WHAT YOU NEED TO DO: Write out all of the data again, precisely as it appears.

LISTED RECORDS:
■ ■ ■ ■ ■ ■ ■

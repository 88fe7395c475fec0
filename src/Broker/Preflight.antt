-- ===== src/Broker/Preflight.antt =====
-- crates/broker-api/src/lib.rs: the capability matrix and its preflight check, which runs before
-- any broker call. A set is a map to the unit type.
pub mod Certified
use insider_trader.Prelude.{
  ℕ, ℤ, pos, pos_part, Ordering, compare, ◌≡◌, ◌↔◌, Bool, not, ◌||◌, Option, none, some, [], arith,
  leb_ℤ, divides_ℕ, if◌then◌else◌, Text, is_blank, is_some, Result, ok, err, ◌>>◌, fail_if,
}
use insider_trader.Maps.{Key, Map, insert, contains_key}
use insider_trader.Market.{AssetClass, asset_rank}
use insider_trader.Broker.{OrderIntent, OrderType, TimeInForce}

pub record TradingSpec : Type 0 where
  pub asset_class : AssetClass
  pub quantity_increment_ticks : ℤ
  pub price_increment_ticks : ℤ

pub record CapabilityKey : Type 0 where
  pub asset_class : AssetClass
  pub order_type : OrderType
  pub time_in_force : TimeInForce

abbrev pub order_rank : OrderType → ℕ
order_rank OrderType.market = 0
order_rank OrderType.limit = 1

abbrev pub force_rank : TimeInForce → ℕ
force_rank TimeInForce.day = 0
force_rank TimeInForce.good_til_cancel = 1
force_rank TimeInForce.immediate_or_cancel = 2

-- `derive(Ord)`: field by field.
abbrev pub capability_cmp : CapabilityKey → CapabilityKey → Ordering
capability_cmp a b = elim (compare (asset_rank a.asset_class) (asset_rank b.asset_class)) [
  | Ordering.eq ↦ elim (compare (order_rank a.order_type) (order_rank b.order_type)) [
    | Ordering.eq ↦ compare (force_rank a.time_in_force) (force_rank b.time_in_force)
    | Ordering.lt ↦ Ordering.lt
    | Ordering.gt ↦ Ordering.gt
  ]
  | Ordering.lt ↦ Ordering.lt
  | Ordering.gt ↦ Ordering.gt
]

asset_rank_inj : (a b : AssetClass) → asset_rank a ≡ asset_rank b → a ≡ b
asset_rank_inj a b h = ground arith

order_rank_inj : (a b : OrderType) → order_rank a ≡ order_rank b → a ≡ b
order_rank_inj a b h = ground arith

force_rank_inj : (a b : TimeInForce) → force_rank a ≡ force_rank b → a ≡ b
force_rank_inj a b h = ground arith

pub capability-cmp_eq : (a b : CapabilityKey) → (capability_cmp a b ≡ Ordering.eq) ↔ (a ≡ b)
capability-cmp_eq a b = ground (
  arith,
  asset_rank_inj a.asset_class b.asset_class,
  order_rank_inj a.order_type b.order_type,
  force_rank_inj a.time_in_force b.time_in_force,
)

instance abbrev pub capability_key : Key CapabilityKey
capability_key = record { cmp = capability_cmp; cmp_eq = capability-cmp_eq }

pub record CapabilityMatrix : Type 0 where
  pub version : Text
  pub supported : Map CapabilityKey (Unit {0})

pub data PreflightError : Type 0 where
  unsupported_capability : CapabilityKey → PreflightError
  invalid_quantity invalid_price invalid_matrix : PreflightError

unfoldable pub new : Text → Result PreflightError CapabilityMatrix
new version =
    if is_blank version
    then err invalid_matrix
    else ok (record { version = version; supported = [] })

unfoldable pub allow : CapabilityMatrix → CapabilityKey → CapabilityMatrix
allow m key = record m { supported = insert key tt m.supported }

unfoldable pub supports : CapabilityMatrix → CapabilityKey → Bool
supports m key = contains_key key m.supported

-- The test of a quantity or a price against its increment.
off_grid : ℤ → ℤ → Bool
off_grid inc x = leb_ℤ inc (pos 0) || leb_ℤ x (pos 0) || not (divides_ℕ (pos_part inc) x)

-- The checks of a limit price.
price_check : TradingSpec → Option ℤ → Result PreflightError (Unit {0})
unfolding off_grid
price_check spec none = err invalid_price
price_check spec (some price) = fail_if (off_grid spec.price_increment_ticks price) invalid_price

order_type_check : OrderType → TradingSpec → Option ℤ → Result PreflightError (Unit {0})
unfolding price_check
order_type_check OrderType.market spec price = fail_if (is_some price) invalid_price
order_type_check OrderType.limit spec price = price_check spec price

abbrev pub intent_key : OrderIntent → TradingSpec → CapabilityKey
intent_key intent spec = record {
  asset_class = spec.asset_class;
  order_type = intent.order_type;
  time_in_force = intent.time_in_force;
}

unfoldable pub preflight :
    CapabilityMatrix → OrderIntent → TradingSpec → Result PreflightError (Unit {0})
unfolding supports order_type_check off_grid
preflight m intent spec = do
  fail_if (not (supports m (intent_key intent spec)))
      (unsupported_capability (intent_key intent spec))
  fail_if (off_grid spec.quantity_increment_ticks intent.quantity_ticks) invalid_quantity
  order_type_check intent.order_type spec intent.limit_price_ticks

■ ■ ■ ■ ■ ■ ■

TASK OUTPUT:
repository 88fe7395c475fec0
filename src/Broker/Preflight.antt
-- ===== src/Broker/Preflight.antt =====
-- crates/broker-api/src/lib.rs: the capability matrix and its preflight check, which runs before
-- any broker call. A set is a map to the unit type.
pub mod Certified
use insider_trader.Prelude.{
  ℕ, ℤ, pos, pos_part, Ordering, compare, ◌≡◌, ◌↔◌, Bool, not, ◌||◌, Option, none, some, [], arith,
  leb_ℤ, divides_ℕ, if◌then◌else◌, Text, is_blank, is_some, Result, ok, err, ◌>>◌, fail_if,
}
use insider_trader.Maps.{Key, Map, insert, contains_key}
use insider_trader.Market.{AssetClass, asset_rank}
use insider_trader.Broker.{OrderIntent, OrderType, TimeInForce}

pub record TradingSpec : Type 0 where
  pub asset_class : AssetClass
  pub quantity_increment_ticks : ℤ
  pub price_increment_ticks : ℤ

pub record CapabilityKey : Type 0 where
  pub asset_class : AssetClass
  pub order_type : OrderType
  pub time_in_force : TimeInForce

abbrev pub order_rank : OrderType → ℕ
order_rank OrderType.market = 0
order_rank OrderType.limit = 1

abbrev pub force_rank : TimeInForce → ℕ
force_rank TimeInForce.day = 0
force_rank TimeInForce.good_til_cancel = 1
force_rank TimeInForce.immediate_or_cancel = 2

-- `derive(Ord)`: field by field.
abbrev pub capability_cmp : CapabilityKey → CapabilityKey → Ordering
capability_cmp a b = elim (compare (asset_rank a.asset_class) (asset_rank b.asset_class)) [
  | Ordering.eq ↦ elim (compare (order_rank a.order_type) (order_rank b.order_type)) [
    | Ordering.eq ↦ compare (force_rank a.time_in_force) (force_rank b.time_in_force)
    | Ordering.lt ↦ Ordering.lt
    | Ordering.gt ↦ Ordering.gt
  ]
  | Ordering.lt ↦ Ordering.lt
  | Ordering.gt ↦ Ordering.gt
]

asset_rank_inj : (a b : AssetClass) → asset_rank a ≡ asset_rank b → a ≡ b
asset_rank_inj a b h = ground arith

order_rank_inj : (a b : OrderType) → order_rank a ≡ order_rank b → a ≡ b
order_rank_inj a b h = ground arith

force_rank_inj : (a b : TimeInForce) → force_rank a ≡ force_rank b → a ≡ b
force_rank_inj a b h = ground arith

pub capability-cmp_eq : (a b : CapabilityKey) → (capability_cmp a b ≡ Ordering.eq) ↔ (a ≡ b)
capability-cmp_eq a b = ground (
  arith,
  asset_rank_inj a.asset_class b.asset_class,
  order_rank_inj a.order_type b.order_type,
  force_rank_inj a.time_in_force b.time_in_force,
)

instance abbrev pub capability_key : Key CapabilityKey
capability_key = record { cmp = capability_cmp; cmp_eq = capability-cmp_eq }

pub record CapabilityMatrix : Type 0 where
  pub version : Text
  pub supported : Map CapabilityKey (Unit {0})

pub data PreflightError : Type 0 where
  unsupported_capability : CapabilityKey → PreflightError
  invalid_quantity invalid_price invalid_matrix : PreflightError

unfoldable pub new : Text → Result PreflightError CapabilityMatrix
new version =
    if is_blank version
    then err invalid_matrix
    else ok (record { version = version; supported = [] })

unfoldable pub allow : CapabilityMatrix → CapabilityKey → CapabilityMatrix
allow m key = record m { supported = insert key tt m.supported }

unfoldable pub supports : CapabilityMatrix → CapabilityKey → Bool
supports m key = contains_key key m.supported

-- The test of a quantity or a price against its increment.
off_grid : ℤ → ℤ → Bool
off_grid inc x = leb_ℤ inc (pos 0) || leb_ℤ x (pos 0) || not (divides_ℕ (pos_part inc) x)

-- The checks of a limit price.
price_check : TradingSpec → Option ℤ → Result PreflightError (Unit {0})
unfolding off_grid
price_check spec none = err invalid_price
price_check spec (some price) = fail_if (off_grid spec.price_increment_ticks price) invalid_price

order_type_check : OrderType → TradingSpec → Option ℤ → Result PreflightError (Unit {0})
unfolding price_check
order_type_check OrderType.market spec price = fail_if (is_some price) invalid_price
order_type_check OrderType.limit spec price = price_check spec price

abbrev pub intent_key : OrderIntent → TradingSpec → CapabilityKey
intent_key intent spec = record {
  asset_class = spec.asset_class;
  order_type = intent.order_type;
  time_in_force = intent.time_in_force;
}

unfoldable pub preflight :
    CapabilityMatrix → OrderIntent → TradingSpec → Result PreflightError (Unit {0})
unfolding supports order_type_check off_grid
preflight m intent spec = do
  fail_if (not (supports m (intent_key intent spec)))
      (unsupported_capability (intent_key intent spec))
  fail_if (off_grid spec.quantity_increment_ticks intent.quantity_ticks) invalid_quantity
  order_type_check intent.order_type spec intent.limit_price_ticks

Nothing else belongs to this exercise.